> **REQUIRED ACTION**:
Return, exactly and in full, the lines of the records below starting at the one with "d now) ≡ true" and ending at the one with "ack_effect messages id token now l d e = ground", and no other lines.

Start of DATA IN THIS EXERCISE

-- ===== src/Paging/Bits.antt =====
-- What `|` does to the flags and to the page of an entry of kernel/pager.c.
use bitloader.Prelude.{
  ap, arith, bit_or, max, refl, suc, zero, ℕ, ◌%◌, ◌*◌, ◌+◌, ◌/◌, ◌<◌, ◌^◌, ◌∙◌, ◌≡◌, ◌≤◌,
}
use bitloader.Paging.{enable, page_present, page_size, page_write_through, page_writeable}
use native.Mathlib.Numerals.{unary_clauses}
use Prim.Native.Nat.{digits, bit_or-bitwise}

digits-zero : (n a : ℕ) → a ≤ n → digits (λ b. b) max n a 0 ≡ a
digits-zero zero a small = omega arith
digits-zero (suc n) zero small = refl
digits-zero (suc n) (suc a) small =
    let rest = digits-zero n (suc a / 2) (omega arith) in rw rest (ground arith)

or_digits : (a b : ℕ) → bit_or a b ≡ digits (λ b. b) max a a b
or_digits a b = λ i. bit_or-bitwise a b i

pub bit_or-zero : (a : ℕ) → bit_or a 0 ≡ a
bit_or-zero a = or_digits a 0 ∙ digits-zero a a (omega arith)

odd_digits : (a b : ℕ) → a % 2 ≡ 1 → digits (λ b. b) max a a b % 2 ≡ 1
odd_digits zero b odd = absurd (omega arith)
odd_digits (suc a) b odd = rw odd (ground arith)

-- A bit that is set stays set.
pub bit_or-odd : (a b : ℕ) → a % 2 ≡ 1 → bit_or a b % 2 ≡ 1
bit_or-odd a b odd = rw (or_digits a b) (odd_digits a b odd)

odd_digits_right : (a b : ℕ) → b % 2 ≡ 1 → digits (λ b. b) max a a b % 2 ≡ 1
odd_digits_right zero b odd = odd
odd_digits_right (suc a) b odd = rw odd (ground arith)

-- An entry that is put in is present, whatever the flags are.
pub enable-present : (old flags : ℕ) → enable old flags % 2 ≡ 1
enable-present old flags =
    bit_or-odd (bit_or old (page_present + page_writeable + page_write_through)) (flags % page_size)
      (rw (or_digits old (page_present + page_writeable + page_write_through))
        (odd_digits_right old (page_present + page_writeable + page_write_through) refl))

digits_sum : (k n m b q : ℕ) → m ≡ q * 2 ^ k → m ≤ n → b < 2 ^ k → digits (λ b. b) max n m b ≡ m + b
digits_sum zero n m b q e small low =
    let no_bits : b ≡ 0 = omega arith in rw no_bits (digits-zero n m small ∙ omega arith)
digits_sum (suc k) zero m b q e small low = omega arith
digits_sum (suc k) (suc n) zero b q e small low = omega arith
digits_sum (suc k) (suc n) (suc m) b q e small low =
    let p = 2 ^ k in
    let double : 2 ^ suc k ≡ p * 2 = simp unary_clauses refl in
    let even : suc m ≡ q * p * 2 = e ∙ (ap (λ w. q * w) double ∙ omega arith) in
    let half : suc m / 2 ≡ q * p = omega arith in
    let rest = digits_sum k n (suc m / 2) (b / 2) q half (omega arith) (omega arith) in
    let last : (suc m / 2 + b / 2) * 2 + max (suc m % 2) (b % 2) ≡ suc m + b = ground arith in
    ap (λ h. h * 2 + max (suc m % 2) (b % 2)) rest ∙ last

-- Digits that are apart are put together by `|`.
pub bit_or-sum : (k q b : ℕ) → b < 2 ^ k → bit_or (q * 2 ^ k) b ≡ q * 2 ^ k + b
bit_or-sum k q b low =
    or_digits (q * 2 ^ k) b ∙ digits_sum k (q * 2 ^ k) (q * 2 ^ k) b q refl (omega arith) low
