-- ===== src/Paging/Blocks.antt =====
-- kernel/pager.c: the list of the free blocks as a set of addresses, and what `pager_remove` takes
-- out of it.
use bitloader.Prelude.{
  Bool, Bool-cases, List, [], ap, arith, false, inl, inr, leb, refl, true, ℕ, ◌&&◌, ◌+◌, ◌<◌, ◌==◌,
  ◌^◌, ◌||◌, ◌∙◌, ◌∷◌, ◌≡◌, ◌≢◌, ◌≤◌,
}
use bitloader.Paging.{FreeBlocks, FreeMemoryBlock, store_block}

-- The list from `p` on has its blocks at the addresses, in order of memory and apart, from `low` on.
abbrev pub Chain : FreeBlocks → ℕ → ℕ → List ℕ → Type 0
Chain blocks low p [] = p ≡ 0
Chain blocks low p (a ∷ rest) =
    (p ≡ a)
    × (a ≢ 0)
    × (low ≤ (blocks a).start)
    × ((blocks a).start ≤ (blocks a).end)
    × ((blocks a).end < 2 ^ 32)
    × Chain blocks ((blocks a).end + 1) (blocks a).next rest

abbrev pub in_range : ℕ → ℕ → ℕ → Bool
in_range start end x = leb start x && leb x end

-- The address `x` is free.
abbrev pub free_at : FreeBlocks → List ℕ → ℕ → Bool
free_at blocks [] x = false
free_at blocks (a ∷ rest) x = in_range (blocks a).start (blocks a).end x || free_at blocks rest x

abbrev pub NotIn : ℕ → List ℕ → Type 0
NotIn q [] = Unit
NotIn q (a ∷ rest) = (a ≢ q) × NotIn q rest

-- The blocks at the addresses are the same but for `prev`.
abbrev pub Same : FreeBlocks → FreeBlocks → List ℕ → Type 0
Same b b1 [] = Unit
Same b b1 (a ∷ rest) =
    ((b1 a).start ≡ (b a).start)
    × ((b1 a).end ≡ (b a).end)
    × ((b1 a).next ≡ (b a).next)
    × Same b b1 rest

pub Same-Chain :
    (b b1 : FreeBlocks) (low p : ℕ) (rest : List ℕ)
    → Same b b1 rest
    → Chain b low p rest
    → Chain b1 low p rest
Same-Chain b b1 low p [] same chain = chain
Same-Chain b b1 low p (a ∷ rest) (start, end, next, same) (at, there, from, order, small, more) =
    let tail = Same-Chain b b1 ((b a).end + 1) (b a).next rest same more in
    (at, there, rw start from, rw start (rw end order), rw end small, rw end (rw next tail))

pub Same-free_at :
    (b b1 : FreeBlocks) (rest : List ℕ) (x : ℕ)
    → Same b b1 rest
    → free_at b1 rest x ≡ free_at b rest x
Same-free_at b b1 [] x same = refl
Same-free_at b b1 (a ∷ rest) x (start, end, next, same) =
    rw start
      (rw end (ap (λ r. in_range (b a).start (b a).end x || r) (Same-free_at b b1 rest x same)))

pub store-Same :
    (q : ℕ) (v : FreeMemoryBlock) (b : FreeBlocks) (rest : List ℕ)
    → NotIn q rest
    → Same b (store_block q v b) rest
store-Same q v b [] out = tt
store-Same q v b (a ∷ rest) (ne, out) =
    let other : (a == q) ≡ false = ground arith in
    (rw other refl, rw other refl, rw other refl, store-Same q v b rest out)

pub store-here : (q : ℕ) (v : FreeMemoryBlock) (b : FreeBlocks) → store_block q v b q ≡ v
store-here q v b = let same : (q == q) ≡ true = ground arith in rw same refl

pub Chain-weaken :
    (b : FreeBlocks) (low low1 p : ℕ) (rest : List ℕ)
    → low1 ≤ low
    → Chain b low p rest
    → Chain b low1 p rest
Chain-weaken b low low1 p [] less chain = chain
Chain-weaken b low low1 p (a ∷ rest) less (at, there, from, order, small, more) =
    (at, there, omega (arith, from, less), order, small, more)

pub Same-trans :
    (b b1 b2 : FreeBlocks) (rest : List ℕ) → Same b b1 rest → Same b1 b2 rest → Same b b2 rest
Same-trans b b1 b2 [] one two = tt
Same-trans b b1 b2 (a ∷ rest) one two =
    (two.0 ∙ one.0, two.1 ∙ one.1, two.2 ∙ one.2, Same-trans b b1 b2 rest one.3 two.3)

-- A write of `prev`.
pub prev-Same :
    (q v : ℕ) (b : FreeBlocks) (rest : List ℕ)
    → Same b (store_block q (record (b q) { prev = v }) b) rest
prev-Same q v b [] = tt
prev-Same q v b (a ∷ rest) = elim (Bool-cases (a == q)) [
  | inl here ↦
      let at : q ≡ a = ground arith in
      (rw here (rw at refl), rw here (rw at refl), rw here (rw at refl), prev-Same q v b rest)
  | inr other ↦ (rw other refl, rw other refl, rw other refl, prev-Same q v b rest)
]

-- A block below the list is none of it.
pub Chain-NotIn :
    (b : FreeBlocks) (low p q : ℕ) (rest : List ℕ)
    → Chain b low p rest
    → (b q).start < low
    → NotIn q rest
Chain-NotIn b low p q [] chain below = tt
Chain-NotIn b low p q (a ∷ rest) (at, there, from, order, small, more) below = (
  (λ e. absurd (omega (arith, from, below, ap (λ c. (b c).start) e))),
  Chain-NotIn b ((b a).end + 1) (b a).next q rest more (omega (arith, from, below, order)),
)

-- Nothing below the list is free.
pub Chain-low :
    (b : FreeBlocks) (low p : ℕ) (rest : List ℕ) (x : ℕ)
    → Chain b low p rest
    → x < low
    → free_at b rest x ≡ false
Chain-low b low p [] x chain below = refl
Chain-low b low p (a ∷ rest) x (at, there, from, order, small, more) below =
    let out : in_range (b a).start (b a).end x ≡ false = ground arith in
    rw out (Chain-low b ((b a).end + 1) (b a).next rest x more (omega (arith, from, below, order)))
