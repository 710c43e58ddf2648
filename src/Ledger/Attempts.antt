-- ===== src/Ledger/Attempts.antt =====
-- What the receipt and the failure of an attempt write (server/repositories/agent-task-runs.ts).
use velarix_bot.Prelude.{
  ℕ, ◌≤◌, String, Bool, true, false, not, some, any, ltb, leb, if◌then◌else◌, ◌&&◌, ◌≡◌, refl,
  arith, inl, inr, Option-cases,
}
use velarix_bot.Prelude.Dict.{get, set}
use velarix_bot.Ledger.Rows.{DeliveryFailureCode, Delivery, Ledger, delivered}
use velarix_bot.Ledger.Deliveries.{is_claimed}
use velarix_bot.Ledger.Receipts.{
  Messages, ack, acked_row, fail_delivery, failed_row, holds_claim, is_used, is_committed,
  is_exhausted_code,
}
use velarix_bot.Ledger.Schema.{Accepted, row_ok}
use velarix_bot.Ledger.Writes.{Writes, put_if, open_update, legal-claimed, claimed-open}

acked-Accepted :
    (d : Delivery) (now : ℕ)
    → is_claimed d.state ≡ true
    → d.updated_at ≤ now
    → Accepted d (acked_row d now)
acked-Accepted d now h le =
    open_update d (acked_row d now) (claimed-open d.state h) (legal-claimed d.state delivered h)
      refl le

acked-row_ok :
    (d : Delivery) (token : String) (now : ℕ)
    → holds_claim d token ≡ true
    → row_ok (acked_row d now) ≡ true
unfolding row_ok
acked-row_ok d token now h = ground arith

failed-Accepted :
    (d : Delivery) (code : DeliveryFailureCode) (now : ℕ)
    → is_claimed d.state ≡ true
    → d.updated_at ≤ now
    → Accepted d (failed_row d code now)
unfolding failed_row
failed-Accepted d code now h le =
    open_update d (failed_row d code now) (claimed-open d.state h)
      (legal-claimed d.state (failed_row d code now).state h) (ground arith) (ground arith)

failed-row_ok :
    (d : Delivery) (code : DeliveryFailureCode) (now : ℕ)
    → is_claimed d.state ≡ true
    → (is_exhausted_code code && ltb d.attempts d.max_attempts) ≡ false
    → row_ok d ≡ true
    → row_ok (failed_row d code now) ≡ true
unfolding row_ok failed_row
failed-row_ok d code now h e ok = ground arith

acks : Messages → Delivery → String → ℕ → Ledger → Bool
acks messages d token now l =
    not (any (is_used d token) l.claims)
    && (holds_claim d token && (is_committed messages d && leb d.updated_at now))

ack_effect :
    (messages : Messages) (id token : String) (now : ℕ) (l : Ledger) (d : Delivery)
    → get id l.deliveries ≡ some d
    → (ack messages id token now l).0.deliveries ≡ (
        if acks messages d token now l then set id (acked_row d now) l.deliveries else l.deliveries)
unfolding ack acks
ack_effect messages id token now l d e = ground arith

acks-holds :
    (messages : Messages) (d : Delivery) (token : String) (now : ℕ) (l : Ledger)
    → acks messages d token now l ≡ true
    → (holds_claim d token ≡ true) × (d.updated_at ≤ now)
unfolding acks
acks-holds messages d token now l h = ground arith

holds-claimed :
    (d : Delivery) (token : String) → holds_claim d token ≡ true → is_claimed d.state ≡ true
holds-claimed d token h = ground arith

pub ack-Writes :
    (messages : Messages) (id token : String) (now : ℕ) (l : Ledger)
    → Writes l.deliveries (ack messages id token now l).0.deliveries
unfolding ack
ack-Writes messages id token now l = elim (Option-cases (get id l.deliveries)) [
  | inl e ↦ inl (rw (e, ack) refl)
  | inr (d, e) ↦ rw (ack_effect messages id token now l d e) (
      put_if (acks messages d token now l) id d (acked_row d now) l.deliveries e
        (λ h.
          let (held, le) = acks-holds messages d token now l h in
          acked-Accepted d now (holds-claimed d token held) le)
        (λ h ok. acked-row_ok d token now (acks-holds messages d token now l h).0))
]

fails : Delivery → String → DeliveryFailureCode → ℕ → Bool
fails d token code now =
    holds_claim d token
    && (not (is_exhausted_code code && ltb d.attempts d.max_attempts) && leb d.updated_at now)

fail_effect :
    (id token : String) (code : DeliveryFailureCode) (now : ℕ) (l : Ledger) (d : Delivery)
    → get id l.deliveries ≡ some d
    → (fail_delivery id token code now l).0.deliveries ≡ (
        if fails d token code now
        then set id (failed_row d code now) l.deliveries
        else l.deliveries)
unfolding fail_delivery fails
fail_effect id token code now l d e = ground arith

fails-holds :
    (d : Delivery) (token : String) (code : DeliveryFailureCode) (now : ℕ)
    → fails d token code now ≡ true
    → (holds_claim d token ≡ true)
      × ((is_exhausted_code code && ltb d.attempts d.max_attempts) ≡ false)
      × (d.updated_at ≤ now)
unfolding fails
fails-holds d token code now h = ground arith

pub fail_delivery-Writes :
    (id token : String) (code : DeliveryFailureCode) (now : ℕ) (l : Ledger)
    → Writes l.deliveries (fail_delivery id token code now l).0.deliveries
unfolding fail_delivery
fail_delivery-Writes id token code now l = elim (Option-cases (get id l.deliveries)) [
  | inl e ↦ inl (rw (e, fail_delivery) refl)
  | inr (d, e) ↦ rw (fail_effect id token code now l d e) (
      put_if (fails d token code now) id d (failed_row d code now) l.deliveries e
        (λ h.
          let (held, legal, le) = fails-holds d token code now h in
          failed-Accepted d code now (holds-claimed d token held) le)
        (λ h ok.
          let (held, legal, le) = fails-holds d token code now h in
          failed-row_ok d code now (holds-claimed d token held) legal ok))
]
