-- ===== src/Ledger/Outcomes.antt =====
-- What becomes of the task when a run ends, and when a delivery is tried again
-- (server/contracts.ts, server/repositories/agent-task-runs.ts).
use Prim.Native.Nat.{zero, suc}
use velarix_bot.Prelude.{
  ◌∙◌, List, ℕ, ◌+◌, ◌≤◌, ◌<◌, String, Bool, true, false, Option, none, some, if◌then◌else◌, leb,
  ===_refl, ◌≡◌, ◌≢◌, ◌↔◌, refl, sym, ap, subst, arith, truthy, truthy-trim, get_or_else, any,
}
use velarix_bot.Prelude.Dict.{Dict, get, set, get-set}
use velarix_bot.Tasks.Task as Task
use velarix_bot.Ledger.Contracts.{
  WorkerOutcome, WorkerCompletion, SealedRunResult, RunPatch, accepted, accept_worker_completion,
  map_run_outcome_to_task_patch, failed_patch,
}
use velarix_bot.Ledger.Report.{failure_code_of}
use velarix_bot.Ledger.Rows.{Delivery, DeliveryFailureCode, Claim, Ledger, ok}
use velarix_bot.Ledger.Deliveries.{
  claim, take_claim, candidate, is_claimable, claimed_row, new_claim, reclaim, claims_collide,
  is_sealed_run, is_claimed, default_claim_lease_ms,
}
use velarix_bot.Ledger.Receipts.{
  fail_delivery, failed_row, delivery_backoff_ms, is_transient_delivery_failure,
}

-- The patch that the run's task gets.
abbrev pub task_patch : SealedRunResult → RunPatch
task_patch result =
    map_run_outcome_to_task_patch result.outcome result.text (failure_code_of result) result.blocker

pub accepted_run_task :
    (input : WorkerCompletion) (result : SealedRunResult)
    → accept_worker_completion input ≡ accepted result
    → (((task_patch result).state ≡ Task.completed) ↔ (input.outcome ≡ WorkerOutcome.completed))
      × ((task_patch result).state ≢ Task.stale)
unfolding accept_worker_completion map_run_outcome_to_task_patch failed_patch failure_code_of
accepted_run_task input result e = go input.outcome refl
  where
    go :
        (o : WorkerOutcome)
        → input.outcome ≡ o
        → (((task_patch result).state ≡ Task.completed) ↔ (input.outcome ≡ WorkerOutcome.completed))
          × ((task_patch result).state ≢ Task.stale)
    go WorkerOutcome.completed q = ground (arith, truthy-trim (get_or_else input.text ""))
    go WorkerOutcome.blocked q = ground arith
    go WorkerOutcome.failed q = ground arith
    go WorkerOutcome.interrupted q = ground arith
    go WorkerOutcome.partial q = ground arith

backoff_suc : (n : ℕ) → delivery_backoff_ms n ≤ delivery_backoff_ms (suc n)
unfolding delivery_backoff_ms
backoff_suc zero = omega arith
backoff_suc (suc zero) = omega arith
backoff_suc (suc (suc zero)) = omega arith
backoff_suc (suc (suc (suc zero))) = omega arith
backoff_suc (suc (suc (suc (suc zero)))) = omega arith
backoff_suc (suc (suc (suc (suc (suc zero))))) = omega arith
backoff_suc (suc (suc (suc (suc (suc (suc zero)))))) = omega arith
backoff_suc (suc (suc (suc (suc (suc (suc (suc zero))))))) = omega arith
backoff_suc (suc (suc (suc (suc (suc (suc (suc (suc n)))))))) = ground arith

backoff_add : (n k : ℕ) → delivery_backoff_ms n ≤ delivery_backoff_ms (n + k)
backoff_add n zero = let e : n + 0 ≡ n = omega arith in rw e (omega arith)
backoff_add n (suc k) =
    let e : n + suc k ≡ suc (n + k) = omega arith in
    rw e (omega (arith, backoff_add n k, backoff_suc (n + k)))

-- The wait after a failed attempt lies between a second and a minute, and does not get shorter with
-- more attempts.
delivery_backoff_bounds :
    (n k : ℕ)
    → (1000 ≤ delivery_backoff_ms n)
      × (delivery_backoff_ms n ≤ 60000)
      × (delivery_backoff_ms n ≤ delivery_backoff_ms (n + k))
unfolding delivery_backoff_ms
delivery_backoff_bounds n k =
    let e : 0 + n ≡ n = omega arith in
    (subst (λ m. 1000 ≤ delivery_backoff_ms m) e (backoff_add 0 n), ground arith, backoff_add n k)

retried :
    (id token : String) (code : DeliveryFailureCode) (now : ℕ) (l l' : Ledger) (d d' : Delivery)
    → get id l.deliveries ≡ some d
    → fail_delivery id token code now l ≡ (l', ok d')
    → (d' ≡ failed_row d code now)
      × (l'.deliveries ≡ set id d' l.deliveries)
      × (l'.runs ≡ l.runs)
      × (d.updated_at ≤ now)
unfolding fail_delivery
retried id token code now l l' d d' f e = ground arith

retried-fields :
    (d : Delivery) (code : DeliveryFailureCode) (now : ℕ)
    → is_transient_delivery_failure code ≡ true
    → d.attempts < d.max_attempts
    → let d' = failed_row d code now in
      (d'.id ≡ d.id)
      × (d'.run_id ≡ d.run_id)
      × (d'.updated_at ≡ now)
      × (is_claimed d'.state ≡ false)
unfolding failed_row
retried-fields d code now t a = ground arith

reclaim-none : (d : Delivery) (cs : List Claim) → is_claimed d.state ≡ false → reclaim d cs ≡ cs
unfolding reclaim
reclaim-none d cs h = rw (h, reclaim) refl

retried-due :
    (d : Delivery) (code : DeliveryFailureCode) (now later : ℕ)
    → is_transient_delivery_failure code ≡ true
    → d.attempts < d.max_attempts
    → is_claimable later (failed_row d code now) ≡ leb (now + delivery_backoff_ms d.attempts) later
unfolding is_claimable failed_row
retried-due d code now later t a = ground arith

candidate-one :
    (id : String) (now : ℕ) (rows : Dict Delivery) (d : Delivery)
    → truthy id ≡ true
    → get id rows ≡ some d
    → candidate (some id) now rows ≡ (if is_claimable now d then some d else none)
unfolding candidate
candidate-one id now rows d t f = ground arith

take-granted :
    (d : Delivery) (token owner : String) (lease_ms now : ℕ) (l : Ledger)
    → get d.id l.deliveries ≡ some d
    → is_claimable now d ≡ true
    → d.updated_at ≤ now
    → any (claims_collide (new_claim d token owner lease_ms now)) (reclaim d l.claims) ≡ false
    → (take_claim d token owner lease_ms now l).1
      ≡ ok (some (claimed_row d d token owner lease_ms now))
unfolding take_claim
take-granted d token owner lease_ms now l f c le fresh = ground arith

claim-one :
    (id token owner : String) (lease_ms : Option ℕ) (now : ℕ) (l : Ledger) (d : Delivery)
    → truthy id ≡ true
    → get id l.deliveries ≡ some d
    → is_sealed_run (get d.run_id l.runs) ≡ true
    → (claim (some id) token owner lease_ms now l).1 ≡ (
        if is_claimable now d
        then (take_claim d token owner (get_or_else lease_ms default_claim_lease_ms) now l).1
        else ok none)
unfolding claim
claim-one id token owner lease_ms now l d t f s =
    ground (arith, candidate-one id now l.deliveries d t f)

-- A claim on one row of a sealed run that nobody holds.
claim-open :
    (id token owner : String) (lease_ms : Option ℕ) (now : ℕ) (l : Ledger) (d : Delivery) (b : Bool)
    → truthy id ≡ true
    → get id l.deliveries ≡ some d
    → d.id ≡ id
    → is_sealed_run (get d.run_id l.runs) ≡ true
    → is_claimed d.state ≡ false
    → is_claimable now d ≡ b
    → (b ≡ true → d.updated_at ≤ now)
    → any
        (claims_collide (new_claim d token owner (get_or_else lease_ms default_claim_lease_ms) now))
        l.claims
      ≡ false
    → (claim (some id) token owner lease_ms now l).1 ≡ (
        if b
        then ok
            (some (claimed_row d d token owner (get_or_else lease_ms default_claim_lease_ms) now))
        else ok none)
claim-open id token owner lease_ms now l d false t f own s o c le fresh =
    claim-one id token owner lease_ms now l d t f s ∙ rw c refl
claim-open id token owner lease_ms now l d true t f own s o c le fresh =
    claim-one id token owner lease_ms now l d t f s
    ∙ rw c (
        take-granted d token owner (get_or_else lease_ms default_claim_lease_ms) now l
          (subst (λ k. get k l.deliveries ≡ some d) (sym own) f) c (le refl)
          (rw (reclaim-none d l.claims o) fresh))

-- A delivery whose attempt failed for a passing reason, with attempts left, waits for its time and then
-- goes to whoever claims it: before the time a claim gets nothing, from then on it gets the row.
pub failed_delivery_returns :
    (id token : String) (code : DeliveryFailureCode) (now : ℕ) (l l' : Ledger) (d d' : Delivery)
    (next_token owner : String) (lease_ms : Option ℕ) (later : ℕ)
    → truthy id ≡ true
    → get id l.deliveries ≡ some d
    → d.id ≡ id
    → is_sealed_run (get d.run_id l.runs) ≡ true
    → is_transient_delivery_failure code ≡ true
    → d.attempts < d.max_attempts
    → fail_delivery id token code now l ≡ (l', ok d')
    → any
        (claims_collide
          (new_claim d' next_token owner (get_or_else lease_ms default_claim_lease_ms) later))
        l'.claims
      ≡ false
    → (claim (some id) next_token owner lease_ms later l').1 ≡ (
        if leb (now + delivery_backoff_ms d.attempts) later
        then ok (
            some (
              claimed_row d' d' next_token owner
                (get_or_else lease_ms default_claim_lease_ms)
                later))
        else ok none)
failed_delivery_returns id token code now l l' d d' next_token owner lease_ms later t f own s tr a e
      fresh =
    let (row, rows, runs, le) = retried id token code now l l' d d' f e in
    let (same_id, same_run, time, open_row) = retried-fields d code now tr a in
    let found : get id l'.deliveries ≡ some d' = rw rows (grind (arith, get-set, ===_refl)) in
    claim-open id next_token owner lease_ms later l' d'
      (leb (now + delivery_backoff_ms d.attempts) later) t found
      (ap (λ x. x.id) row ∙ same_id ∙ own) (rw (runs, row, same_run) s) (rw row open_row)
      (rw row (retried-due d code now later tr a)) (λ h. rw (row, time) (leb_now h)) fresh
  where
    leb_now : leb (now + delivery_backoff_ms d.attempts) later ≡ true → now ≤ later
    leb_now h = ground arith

End of DATA IN THIS EXERCISE

> **RESPONSE BELOW**:
    → row_ok (acked_row d now) ≡ true
unfolding row_ok
acked-row_ok d token now h = ground arith

failed-Accepted :
    (d : Delivery) (code : DeliveryFailureCode) (now : ℕ)
    → is_claimed d.state ≡ true
    → d.updated_at ≤ now
    → Accepted d (failed_row d code now)
unfolding failed_row
failed-Accepted d code now h le =
    open_update d (failed_row d code now) (claimed-open d.state h)
      (legal-claimed d.state (failed_row d code now).state h) (ground arith) (ground arith)

failed-row_ok :
    (d : Delivery) (code : DeliveryFailureCode) (now : ℕ)
    → is_claimed d.state ≡ true
    → (is_exhausted_code code && ltb d.attempts d.max_attempts) ≡ false
    → row_ok d ≡ true
    → row_ok (failed_row d code now) ≡ true
unfolding row_ok failed_row
failed-row_ok d code now h e ok = ground arith

acks : Messages → Delivery → String → ℕ → Ledger → Bool
acks messages d token now l =
    not (any (is_used d token) l.claims)
    && (holds_claim d token && (is_committed messages d && leb d.updated_at now))

ack_effect :
    (messages : Messages) (id token : String) (now : ℕ) (l : Ledger) (d : Delivery)
    → get id l.deliveries ≡ some d
    → (ack messages id token now l).0.deliveries ≡ (
        if acks messages d token now l then set id (acked_row d now) l.deliveries else l.deliveries)
unfolding ack acks
ack_effect messages id token now l d e = ground arith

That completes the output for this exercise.